The effect of linoleic acid is clearly in the male's interest, because females are effectively prevented from mating even when they did not receive sperm at the same time (as in our experiments). Our finding is surprising, because we expect females to have evolved counteracting mechanisms to secure their own interests in similar ways as known from other insects (3). For linoleic acid, this mechanism would appear easy, as a simple oxidation of one of the two double bonds within the molecules would degrade the substance. Currently, it is not known how long the effect of linoleic acid lasts, nor can we speculate on the actual physiological mechanisms that underlie the effect of this substance. However, mated queens typically do not copulate again, even up to a week after the first copulation (unpublished data). In addition, the plug remains in queens for up to 3 days after mating (18). Queens that received a reduced plug without linoleic acid did not show any reduction in queen-mating frequency. This observation indicates that the physical attributes of the plug within the queen's sexual tract, that is, its size or the degree of filling, are not effective in avoiding or delaying further copulations. However, the presence of sperm in the sexual tract of queens obviously stimulated these queens, because they were mating earlier compared with the corresponding Ringer's solution control queens. At any rate, the plug and its major active compound, linoleic acid, seem to be very efficient in preventing remating. This effect is in marked contrast to the generally imperfect ways in which males of most insect species attempt to monopolize females (3).

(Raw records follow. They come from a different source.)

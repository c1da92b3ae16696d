-- ===== src/Storage/HeadStore.antt =====
-- crates/settled-storage/src/head_store.rs, key_store.rs and verify.rs.
pub mod Writes
pub mod Keys
pub mod Lookups
pub mod Examples
use settled.Prelude.{
  ℕ, ◌^◌, ◌<◌, List, [], ◌∷◌, Option, none, some, Bool, true, false, ◌≡◌, ltb, if◌then◌else◌,
  length, ◌==◌, be_bytes, from_be_bytes, IsI64,
}
use settled.Prelude.Results.{Result, ok, err, ◌>>=◌, ok_or}
use settled.Core.Hash.{Bytes}
use settled.Core.Split.{IsU64}
use settled.Core.Ed25519.{Ed25519}
use settled.Core.Sth.{signing_payload}
use settled.Storage.Types.{
  Error, rocks_db, encode_error, decode_error, corruption, bad_tree_size_key_length,
  public_key_must_be_32_bytes, to_array, SignedTreeHead, SignedTreeHeadProto,
  signed_tree_head_try_from, signed_tree_head_proto_from, KeyRecordProto, KeyRecord,
}
use settled.Storage.Rows.{Row, u64_key, start, end, from_forward}
use settled.Storage.Rocks.{Rocks, Put, cf_heads, cf_keys}

-- `encode` into a vector and `decode` of the stored tree heads and keys, of the prost crate.
pub record HeadProst : Type 1 where
  pub encode : SignedTreeHeadProto → Option Bytes
  pub decode : Bytes → Option SignedTreeHeadProto
  pub encoded : SignedTreeHeadProto → Bytes
  pub encode-encoded : (p : SignedTreeHeadProto) → encode p ≡ some (encoded p)
  pub decode-encoded :
      (p : SignedTreeHeadProto)
      → IsU64 p.tree_size
      → IsI64 p.timestamp_ns
      → p.key_version < 2 ^ 32
      → decode (encoded p) ≡ some p

pub record KeyProst : Type 1 where
  pub encode : KeyRecordProto → Option Bytes
  pub decode : Bytes → Option KeyRecordProto
  pub encoded : KeyRecordProto → Bytes
  pub encode-encoded : (p : KeyRecordProto) → encode p ≡ some (encoded p)
  pub decode-encoded :
      (p : KeyRecordProto)
      → p.version < 2 ^ 32
      → IsU64 p.activated_at_tree_size
      → decode (encoded p) ≡ some p

module _ (r : Rocks) (m : HeadProst) where
  -- `SignedTreeHeadProto::decode` and `SignedTreeHead::try_from`.
  unfoldable pub head_of_value : Bytes → Result Error SignedTreeHead
  head_of_value v = do proto ← ok_or (m.decode v) decode_error; signed_tree_head_try_from proto

  unfoldable pub write : r.Db → SignedTreeHead → Result Error r.Db
  write db sth = do
    buf ← ok_or (m.encode (signed_tree_head_proto_from sth)) encode_error
    ok_or (r.write db (record { cf = cf_heads; key = u64_key sth.tree_size; value = buf } ∷ []))
        rocks_db

  -- `iter.next()` of a backward scan, and the branches of the `match`.
  unfoldable pub first_head : List (Option Row) → Result Error (Option SignedTreeHead)
  first_head [] = ok none
  first_head (none ∷ items) = err rocks_db
  first_head (some (k, v) ∷ items) = do head ← head_of_value v; ok (some head)

  unfoldable pub latest : r.Db → Result Error (Option SignedTreeHead)
  latest db = first_head (r.iterator_cf db cf_heads end)

  unfoldable pub found_head : Option Bytes → Result Error (Option SignedTreeHead)
  found_head (some v) = do head ← head_of_value v; ok (some head)
  found_head none = ok none

  unfoldable pub at_size : r.Db → ℕ → Result Error (Option SignedTreeHead)
  at_size db tree_size = do
    found ← ok_or (r.get_cf db cf_heads (u64_key tree_size)) rocks_db
    found_head found

  -- The loop of `range`.
  pub heads_loop : List (Option Row) → ℕ → Result Error (List SignedTreeHead)
  heads_loop [] to_size = ok []
  heads_loop (none ∷ items) to_size = err rocks_db
  heads_loop (some (k, v) ∷ items) to_size =
      let more = heads_loop items to_size in
      do
        bytes ← ok_or (to_array 8 k) (corruption bad_tree_size_key_length)
        let pushed = (do head ← head_of_value v; heads ← more; ok (head ∷ heads))
        if ltb to_size (from_be_bytes 0 bytes) then ok [] else pushed

  unfoldable pub range : r.Db → ℕ → ℕ → Result Error (List SignedTreeHead)
  unfolding heads_loop
  range db from_size to_size =
      heads_loop (r.iterator_cf db cf_heads (from_forward (u64_key from_size))) to_size

-- `version.to_be_bytes()` of a `u32`.
unfoldable pub u32_key : ℕ → Bytes
u32_key n = be_bytes 4 n

module _ (r : Rocks) (m : KeyProst) where
  unfoldable pub decode : Bytes → Result Error KeyRecord
  decode bytes = do
    proto ← ok_or (m.decode bytes) decode_error
    public_key ← ok_or (to_array 32 proto.public_key) (corruption public_key_must_be_32_bytes)
    ok (record {
      version = proto.version;
      public_key = public_key;
      activated_at_tree_size = proto.activated_at_tree_size;
    })

  unfoldable pub put : r.Db → KeyRecord → Result Error r.Db
  put db rec =
      let proto : KeyRecordProto = record {
        version = rec.version;
        public_key = rec.public_key;
        activated_at_tree_size = rec.activated_at_tree_size;
      } in
      do
        buf ← ok_or (m.encode proto) encode_error
        ok_or (r.write db (record { cf = cf_keys; key = u32_key rec.version; value = buf } ∷ []))
            rocks_db

  unfoldable pub found_key : Option Bytes → Result Error (Option KeyRecord)
  found_key (some v) = do rec ← decode v; ok (some rec)
  found_key none = ok none

  unfoldable pub get : r.Db → ℕ → Result Error (Option KeyRecord)
  get db version = do
    found ← ok_or (r.get_cf db cf_keys (u32_key version)) rocks_db
    found_key found

  unfoldable pub first_key : List (Option Row) → Result Error (Option KeyRecord)
  first_key [] = ok none
  first_key (none ∷ items) = err rocks_db
  first_key (some (k, v) ∷ items) = do rec ← decode v; ok (some rec)

  unfoldable pub latest_key : r.Db → Result Error (Option KeyRecord)
  latest_key db = first_key (r.iterator_cf db cf_keys end)

  pub all_loop : List (Option Row) → Result Error (List KeyRecord)
  all_loop [] = ok []
  all_loop (none ∷ items) = err rocks_db
  all_loop (some (k, v) ∷ items) =
      let more = all_loop items in do rec ← decode v; records ← more; ok (rec ∷ records)

  unfoldable pub all : r.Db → Result Error (List KeyRecord)
  unfolding all_loop
  all db = all_loop (r.iterator_cf db cf_keys start)

module _ (e : Ed25519) where
  -- `VerifyingKey::from_bytes` and `verify_strict`; 64 bytes are always a `Signature`.
  unfoldable pub verify_with_key : Option e.VerifyingKey → SignedTreeHead → Bool
  verify_with_key none sth = false
  verify_with_key (some key) sth =
      if length sth.signature == 64
      then e.verify_strict key (signing_payload sth.tree_size sth.root_hash sth.timestamp_ns)
          sth.signature
      else false

  unfoldable pub verify_sth : SignedTreeHead → Bool
  verify_sth sth = verify_with_key (e.from_bytes sth.public_key) sth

Obviously, males of B. terrestris use a range of mechanisms to manipulate females in different ways, including behavioral traits such as mate guarding (18). Although we did not detect any effect of the remaining chemical substances of the bumblebee mating plug (three fatty acids as well as the peptide), this finding does not mean that they have no effect on queens. Further experiments are needed to test these chemicals for other male effects. Given the data presented here, we can already conclude that the copulation event in bumblebees is a much more complex behavior than generally assumed. Because mating plugs as well as the transfer of accessory-gland compounds to females are known from other social insects as well (3, 26), the use of ubiquitous substances in similar ways such as those found here may be common in other social insects. Therefore, male-mating traits may finally help to explain why extreme mating frequencies such as those found in honeybees or leaf-cutter ants are surprisingly rare among social insects (13).

Acknowledgments

We thank B. Baer-Imhoof, B. Hölldobler, G. Jones, P. Korner, R. Maile, C. Reber, R. Schmid-Hempel, C. Gerloff, M. Brown, and E. Magro for help and comments. This work was supported by grants (to P.S.H.) from the Swiss National Science Foundation and the Swiss Office of Science and Technology (within a European Training and Mobility for Researchers network).